The most fundamental problem we haven't isn't the system, but the people. It seems that all electoral systems are unable to avoid putting people in power that shouldn't be there. Look at basically every Western country and we all seem to be ruled by idiots who have no real vision for anything besides being in power. And so it's not exactly a shock that you get 'systemic' failures.
The same was true in the ancient empires with their dictators and emperors. During the time of enlightened and wise leadership they've have remarkable cities and justice that are inspiring even today. But then of course during times of power hungry hedonic idiots ruling, the societies would crumble and injustice would be ubiquitous. It was never about the system - it was always about the people. The goal should be to have a system that picks great people, but we seem yet to have discovered that. And indeed it may not exist. People that want to be in politics are the last people that should ever be allowed in politics, which poses quite the dilemma!
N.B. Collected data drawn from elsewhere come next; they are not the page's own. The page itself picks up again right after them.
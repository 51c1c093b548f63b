-- ===== src/Json.antt =====
-- JavaScript values, as request bodies, webhook objects and JSON columns hold them.
use text.Mathlib.Text.{◌==◌ as str_eq}
use mastermind_minecraft_ser.Prelude.{ℕ, suc, ℤ, Bool, Text, String, if◌then◌else◌}

-- An integer, any other finite number with its integer part (towards zero), or NaN.
pub data JsNumber : Type 0 where
  int : ℤ → JsNumber
  fraction : ℤ → JsNumber
  nan : JsNumber

mutual
  pub data Value : Type 0 where
    undefined : Value
    null : Value
    bool : Bool → Value
    number : JsNumber → Value
    string : Text → Value
    array : Items → Value
    object : Fields → Value

  pub data Items : Type 0 where
    nil : Items
    cons : Value → Items → Items

  pub data Fields : Type 0 where
    end : Fields
    field : String → Value → Fields → Fields

-- `record.key`; the names in an object are distinct.
unfoldable pub get : Fields → String → Value
get end k = undefined
get (field j v fs) k = if str_eq j k then v else get fs k

-- `a ?? b`
unfoldable pub or_else : Value → Value → Value
or_else undefined b = b
or_else null b = b
or_else a b = a

unfoldable pub item_count : Items → ℕ
item_count nil = 0
item_count (cons x xs) = suc (item_count xs)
The comparable people today telling us we have have to live under constant surveillance and be subjugated by all powerful governments and government intertwined institutions and organizations or otherwise losing all our rights and practical autonomy to various collective interests don't even do us the courtesy of pretending that the goal is to everything better and nicer. They just tell us that we'll all gaslight ourselves into liking the bugs or whatever and that despite everything being worse it's somehow better because stonks up and microplastics down, or whatever other metrics they also control.
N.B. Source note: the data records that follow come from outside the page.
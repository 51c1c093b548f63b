-- ===== src/Grants/Items.antt =====
-- Reading grant items from untrusted input (shop-grants.ts).
pub mod Bounds
use mastermind_minecraft_ser.Prelude.{
  ℕ, zero, suc, ◌+◌, pos, Bool, true, false, ◌&&◌, ◌||◌, not, Text, codes, trim, same, to_lower,
  Option, none, some, List, [], ◌∷◌, map, all, length, ltb, leb, ◌==◌, if◌then◌else◌,
}
use mastermind_minecraft_ser.Json.{
  JsNumber, int, Value, undefined, null, number, string, array, object, Items, nil, cons, get,
  or_else, item_count,
}

abbrev pub max_grant_quantity : ℕ
max_grant_quantity = 9999

abbrev pub max_grant_attempts : ℕ
max_grant_attempts = 8

abbrev pub max_grant_items : ℕ
max_grant_items = 8

pub record GrantItemSpec : Type 0 where
  pub name : Text
  pub quantity : ℕ

unfoldable pub is_letter : ℕ → Bool
is_letter c = (leb b'A' c && leb c b'Z') || (leb b'a' c && leb c b'z')

unfoldable pub is_digit : ℕ → Bool
is_digit c = leb b'0' c && leb c b'9'

-- `[A-Za-z0-9_.:-]`
unfoldable pub is_name_char : ℕ → Bool
unfolding is_letter is_digit
is_name_char c = is_letter c || is_digit c || c == b'_' || c == b'.' || c == b':' || c == b'-'

-- GRANT_ITEM_NAME
unfoldable pub is_grant_item_name : Text → Bool
unfolding is_name_char
is_grant_item_name [] = false
is_grant_item_name (c ∷ rest) = is_letter c && all is_name_char rest && leb (length rest) 79

-- `/^all$/i`
unfoldable pub is_all : Text → Bool
unfolding to_lower same
is_all name = same (map to_lower name) (codes "all")

unfoldable pub parse_grant_item_name : Value → Option Text
unfolding trim is_grant_item_name is_all
parse_grant_item_name (string raw) =
    let name = trim raw in
    if not (is_grant_item_name name) then none else if is_all name then none else some name
parse_grant_item_name _ = none

-- the tests at the end of `parseGrantQuantity`
unfoldable pub whole_quantity : JsNumber → Option ℕ
whole_quantity (int (pos n)) = if ltb n 1 || ltb max_grant_quantity n then none else some n
whole_quantity _ = none

-- A row's item name is missing, or `String(nameRaw).trim()` is empty. An array prints its elements
-- with commas between them, and null and undefined elements as nothing.
unfoldable pub is_blank : Value → Bool
unfolding trim same
is_blank undefined = true
is_blank null = true
is_blank (string t) = same (trim t) []
is_blank (array nil) = true
is_blank (array (cons x nil)) = is_blank x
is_blank _ = false

-- What the code takes from the runtime: `Number(text)`, `String(value)` and `JSON.parse`.
pub record Runtime : Type 0 where
  pub to_number : Text → JsNumber
  pub to_string : Value → Text
  pub json_parse : Text → Option Value

-- One row of the list: skipped, refused or read.
pub data Row : Type 0 where
  skip : Row
  refuse : Row
  item : GrantItemSpec → Row

unfoldable pub checked_row : Option Text → Option ℕ → Row
checked_row none q = refuse
checked_row (some name) none = refuse
checked_row (some name) (some q) = item (record { name = name; quantity = q })

unfoldable pub push : Row → Option (List GrantItemSpec) → Option (List GrantItemSpec)
push refuse rest = none
push skip rest = rest
push (item i) none = none
push (item i) (some is) = some (i ∷ is)

unfoldable pub single_spec : Option Text → Option ℕ → Option (List GrantItemSpec)
single_spec none q = some []
single_spec (some name) none = none
single_spec (some name) (some q) = some (record { name = name; quantity = q } ∷ [])

module _ (js : Runtime) where
  unfoldable pub parse_grant_quantity : Value → ℕ → Option ℕ
  unfolding whole_quantity trim same
  parse_grant_quantity undefined fallback = some fallback
  parse_grant_quantity null fallback = some fallback
  parse_grant_quantity (string []) fallback = some fallback
  parse_grant_quantity (number n) fallback = whole_quantity n
  parse_grant_quantity (string raw) fallback =
      if same (trim raw) [] then none else whole_quantity (js.to_number (trim raw))
  parse_grant_quantity _ fallback = none

  unfoldable pub read_row : Value → Value → Row
  unfolding is_blank checked_row parse_grant_item_name parse_grant_quantity
  read_row name_raw quantity_raw =
      if is_blank name_raw
      then skip
      else checked_row (parse_grant_item_name name_raw) (parse_grant_quantity quantity_raw 1)

  -- An array is an object without these fields.
  unfoldable pub parse_row : Value → Row
  unfolding get or_else read_row
  parse_row (object fs) =
      read_row (or_else (or_else (get fs "name") (get fs "itemName")) (get fs "grantItemName"))
        (or_else (get fs "quantity") (get fs "grantQuantity"))
  parse_row (array xs) = skip
  parse_row _ = refuse

  -- the loop over the rows; `none` is the source's `false`
  unfoldable pub parse_rows : Items → Option (List GrantItemSpec)
  unfolding push parse_row
  parse_rows nil = some []
  parse_rows (cons x xs) = push (parse_row x) (parse_rows xs)

  unfoldable pub parse_array : Value → Option (List GrantItemSpec)
  unfolding parse_rows item_count
  parse_array (array xs) = if ltb max_grant_items (item_count xs) then none else parse_rows xs
  parse_array _ = none

  unfoldable pub parse_json_text : Option Value → Option (List GrantItemSpec)
  unfolding parse_array
  parse_json_text none = none
  parse_json_text (some v) = parse_array v

  unfoldable pub parse_grant_item_list : Value → Option (List GrantItemSpec)
  unfolding parse_json_text trim same
  parse_grant_item_list undefined = some []
  parse_grant_item_list null = some []
  parse_grant_item_list (string raw) =
      let t = trim raw in
      if same t [] || same t (codes "[]") then some [] else parse_json_text (js.json_parse t)
  parse_grant_item_list v = parse_array v

  -- `grantSpecsFromFields` where no list is given
  unfoldable pub grant_specs_from_fields : Value → Value → Option (List GrantItemSpec)
  unfolding parse_grant_item_name parse_grant_quantity single_spec
  grant_specs_from_fields item_name quantity =
      single_spec (parse_grant_item_name item_name) (parse_grant_quantity quantity 1)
You're claiming Mao killing millions with idiotic policies (not to mention all the scapegoats he killed intentionally) was okay because he was "trying"?
Or are you talking about Stalin, Lenin, or Castro?
Who is telling you that you "have to live under constant surveillance" and so on?
You'd rather have someone run the country into the ground while lying to you about than intentions (which you're gullible enough to believe apparently, for better or worse) than not?
I have no idea what is happening in our schools these days, but obviously something is lacking.
I was born in the US, didn't have a choice!
You can see this playing out in real time with religion which went from societies that were highly religious to secular to militantly anti-religious, and now gen-z is suddenly some ~400% more religious than previous generations. [1] The most interesting thing is that that's also a global trend, probably owing to the relative global homogenization of societies in many ways.